#!/usr/bin/env python3
import os, sys, opencc
import re

def process_urls(text):
    """处理 Markdown 中的相对 URL，在前面添加 /tw 前缀"""
    # 定义需要处理的页面路径（不带.md后缀）
    page_paths = [
        '/ch1', '/ch2', '/ch3', '/ch4', '/ch5', '/ch6',
        '/ch7', '/ch8', '/ch9', '/ch10', '/ch11', '/ch12',
        '/part-i', '/part-ii', '/part-iii', 
        '/preface', '/glossary', '/colophon'
    ]
    
    # 对每个页面路径进行替换
    for page_path in page_paths:
        # 匹配 Markdown 链接格式 [text](page_path) 或 [text](page_path#anchor)
        pattern = rf'\[([^\]]*)\]\(({re.escape(page_path)})(#[^)]*)?\)'
        # 替换为添加 /tw 前缀的版本
        def replace_func(match):
            text_part = match.group(1)
            path_part = match.group(2)
            anchor_part = match.group(3) or ''
            return f'[{text_part}](/tw{path_part}{anchor_part})'
        text = re.sub(pattern, replace_func, text)
    
    return text

def convert(src_path, dst_path, cfg='s2twp.json'):
    converter = opencc.OpenCC(cfg)
    with open(src_path, "r", encoding='utf-8') as src, open(dst_path, "w+", encoding='utf-8') as dst:
        dst.write("\n".join(
            process_urls(
                converter.convert(line.rstrip()).replace('(img/', '(../img/')
                    .replace('髮送', '傳送')
                    .replace('髮布', '釋出')
                    .replace('髮生', '發生')
                    .replace('髮出', '發出')
                    .replace('嚐試', '嘗試')
                    .replace('線上性一致', '在線性一致')    # 优先按"在线"解析了？
                    .replace('復雜', '複雜')
                    .replace('討論瞭', '討論了')
                    .replace('倒黴', '倒楣')
                    .replace('區域性性', '區域性')
                    .replace('下麵條件', '下面條件')        # 优先按"面条"解析了？
                    .replace('當日志', '當日誌')            # 优先按"当日"解析了，没有考虑后面的"日志"？
                    .replace('真即時間', '真實時間')        # 优先按"实时"解析了，没有考虑前面的"真实"？
                    .replace('面向物件', '物件導向')
            )
            for line in src))
    print("convert %s to %s" % (src_path, dst_path))

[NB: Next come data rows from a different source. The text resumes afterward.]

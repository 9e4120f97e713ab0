-- ===== src/Base/Bits.antt =====
-- The binary digits of a mask. `bit_and`, `bit_or` and the 32-bit complement act on each digit.
use Prim.Native.Nat.{
  ℕ, zero, suc, ◌+◌, ◌-◌, ◌*◌, ◌/◌, ◌%◌, ◌^◌, ◌≤◌, ◌<◌, min, max, digits, bit_and, bit_or,
  bit_and-bitwise, bit_or-bitwise,
}
use mathlib.Core.Path.{◌≡◌, refl, ap, ◌∙◌}
use mathlib.Core.Logic.{◌≢◌}
use native.Mathlib.Nat.{pow-suc, one-le-pow}
use native.Mathlib.Omega.{arith}

-- Digit `k` of `a`, 0 or 1.
unfoldable pub testbit : ℕ → ℕ → ℕ
testbit a zero = a % 2
testbit a (suc k) = testbit (a / 2) k

-- `1 << k` on an unsigned int, for k < 32.
abbrev pub shl1 : ℕ → ℕ
shl1 k = 2 ^ k

-- What an unsigned short keeps of a number.
abbrev pub u16 : ℕ → ℕ
u16 n = n % 2 ^ 16

abbrev pub u32 : ℕ → ℕ
u32 n = n % 2 ^ 32

-- `~m` on an unsigned int
abbrev pub not32 : ℕ → ℕ
not32 m = 2 ^ 32 - 1 - m

pub testbit-le : (k a : ℕ) → testbit a k ≤ 1
unfolding testbit
testbit-le zero a = omega arith
testbit-le (suc k) a = testbit-le k (a / 2)

-- The native operations recur on a count of digits; any count that covers the number serves.
module _ (z : ℕ → ℕ) (f : ℕ → ℕ → ℕ) where
  digits_enough : (n m a b : ℕ) → a ≤ n → a ≤ m → digits z f n a b ≡ digits z f m a b
  digits_enough zero zero zero b p q = refl
  digits_enough zero zero (suc a) b p q = absurd (omega arith)
  digits_enough zero (suc m) zero b p q = refl
  digits_enough zero (suc m) (suc a) b p q = absurd (omega arith)
  digits_enough (suc n) zero zero b p q = refl
  digits_enough (suc n) zero (suc a) b p q = absurd (omega arith)
  digits_enough (suc n) (suc m) zero b p q = refl
  digits_enough (suc n) (suc m) (suc a) b p q =
      let rest = digits_enough n m (suc a / 2) (b / 2) (omega arith) (omega arith) in
      ap (λ t. t * 2 + f (suc a % 2) (b % 2)) rest

zero-bit_or : (b : ℕ) → bit_or 0 b ≡ b
zero-bit_or b = bit_or-bitwise 0 b

zero-bit_and : (b : ℕ) → bit_and 0 b ≡ 0
zero-bit_and b = bit_and-bitwise 0 b

bit_and-digit : (a b : ℕ) → bit_and a b ≡ bit_and (a / 2) (b / 2) * 2 + min (a % 2) (b % 2)
bit_and-digit zero b = omega (arith, zero-bit_and b, zero-bit_and (b / 2))
bit_and-digit (suc a) b = omega (
  arith,
  bit_and-bitwise (suc a) b,
  bit_and-bitwise (suc a / 2) (b / 2),
  digits_enough (λ _. 0) min a (suc a / 2) (suc a / 2) (b / 2) (omega arith) (omega arith),
)

bit_or-digit : (a b : ℕ) → bit_or a b ≡ bit_or (a / 2) (b / 2) * 2 + max (a % 2) (b % 2)
bit_or-digit zero b = omega (arith, zero-bit_or b, zero-bit_or (b / 2))
bit_or-digit (suc a) b = omega (
  arith,
  bit_or-bitwise (suc a) b,
  bit_or-bitwise (suc a / 2) (b / 2),
  digits_enough (λ y. y) max a (suc a / 2) (suc a / 2) (b / 2) (omega arith) (omega arith),
)

pub testbit-bit_and : (k a b : ℕ) → testbit (bit_and a b) k ≡ min (testbit a k) (testbit b k)
unfolding testbit
testbit-bit_and zero a b = omega (arith, bit_and-digit a b)
testbit-bit_and (suc k) a b =
    let half : bit_and a b / 2 ≡ bit_and (a / 2) (b / 2) = omega (arith, bit_and-digit a b) in
    ap (λ t. testbit t k) half ∙ testbit-bit_and k (a / 2) (b / 2)

pub testbit-bit_or : (k a b : ℕ) → testbit (bit_or a b) k ≡ max (testbit a k) (testbit b k)
unfolding testbit
testbit-bit_or zero a b = omega (arith, bit_or-digit a b)
testbit-bit_or (suc k) a b =
    let half : bit_or a b / 2 ≡ bit_or (a / 2) (b / 2) = omega (arith, bit_or-digit a b) in
    ap (λ t. testbit t k) half ∙ testbit-bit_or k (a / 2) (b / 2)

pub testbit-zero : (k : ℕ) → testbit 0 k ≡ 0
unfolding testbit
testbit-zero zero = refl
testbit-zero (suc k) = testbit-zero k

pub testbit-shl1_self : (k : ℕ) → testbit (shl1 k) k ≡ 1
unfolding testbit
testbit-shl1_self zero = refl
testbit-shl1_self (suc k) =
    let half : 2 ^ suc k / 2 ≡ 2 ^ k = omega (arith, pow-suc 2 k) in
    ap (λ t. testbit t k) half ∙ testbit-shl1_self k

pub testbit-shl1_ne : (k j : ℕ) → k ≢ j → testbit (shl1 k) j ≡ 0
unfolding testbit
testbit-shl1_ne zero zero ne = absurd (ne refl)
testbit-shl1_ne zero (suc j) ne = testbit-zero j
testbit-shl1_ne (suc k) zero ne = omega (arith, pow-suc 2 k)
testbit-shl1_ne (suc k) (suc j) ne =
    let half : 2 ^ suc k / 2 ≡ 2 ^ k = omega (arith, pow-suc 2 k) in
    ap (λ t. testbit t j) half ∙ testbit-shl1_ne k j (λ e. ne (ap suc e))

-- The complement in `w` digits flips each of them.
testbit-complement : (w k m : ℕ) → m < 2 ^ w → k < w → testbit (2 ^ w - 1 - m) k + testbit m k ≡ 1
unfolding testbit
testbit-complement zero k m h lt = absurd (omega arith)
testbit-complement (suc w) zero m h lt = omega (arith, pow-suc 2 w, one-le-pow w 2)
testbit-complement (suc w) (suc k) m h lt =
    let half : (2 ^ suc w - 1 - m) / 2 ≡ 2 ^ w - 1 - m / 2 =
      omega (arith, pow-suc 2 w, one-le-pow w 2) in
    let below : m / 2 < 2 ^ w = omega (arith, pow-suc 2 w) in
    ap (λ t. testbit t k + testbit (m / 2) k) half
    ∙ testbit-complement w k (m / 2) below (omega arith)

pub testbit-not32 : (k m : ℕ) → m < 2 ^ 32 → k < 32 → testbit (not32 m) k ≡ 1 - testbit m k
testbit-not32 k m h lt = omega (arith, testbit-complement 32 k m h lt)

bit_and-zero : (n a : ℕ) → a ≤ n → bit_and a 0 ≡ 0
bit_and-zero n zero h = refl
bit_and-zero zero (suc a) h = absurd (omega arith)
bit_and-zero (suc n) (suc a) h =
    omega (arith, bit_and-digit (suc a) 0, bit_and-zero n (suc a / 2) (omega arith))

bit_and-le_fuel : (n a b : ℕ) → b ≤ n → bit_and a b ≤ b
bit_and-le_fuel n a zero h = omega (arith, bit_and-zero a a (omega arith))
bit_and-le_fuel zero a (suc b) h = absurd (omega arith)
bit_and-le_fuel (suc n) a (suc b) h =
    omega (arith, bit_and-digit a (suc b), bit_and-le_fuel n (a / 2) (suc b / 2) (omega arith))

pub bit_and-le_right : (a b : ℕ) → bit_and a b ≤ b
bit_and-le_right a b = bit_and-le_fuel b a b (omega arith)

-- Testing one bit with a mask.
pub bit_and-shl1 : (k m : ℕ) → bit_and m (shl1 k) ≡ testbit m k * shl1 k
unfolding testbit
bit_and-shl1 zero m = omega (arith, bit_and-digit m 1, bit_and-zero (m / 2) (m / 2) (omega arith))
bit_and-shl1 (suc k) m = omega (
  arith,
  bit_and-digit m (2 ^ suc k),
  pow-suc 2 k,
  half,
  bit_and-shl1 k (m / 2),
  ap (λ (t : ℕ). testbit (m / 2) k * t) (pow-suc 2 k),
)
  where
    half : bit_and (m / 2) (2 ^ suc k / 2) ≡ bit_and (m / 2) (2 ^ k)
    half = ap (bit_and (m / 2)) (omega (arith, pow-suc 2 k))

if __name__ == '__main__':
    print(sys.argv)
    home = os.path.abspath(os.path.join(os.path.dirname(os.path.abspath(sys.argv[0])), '..'))
    zh_dir = os.path.join(home, 'content', 'zh')
    tw_dir = os.path.join(home, 'content', 'tw')
    os.chdir(zh_dir)
    for f in os.listdir(zh_dir):
        if f.endswith('.md'):
            dst = os.path.join(tw_dir, f)
            convert(f, dst)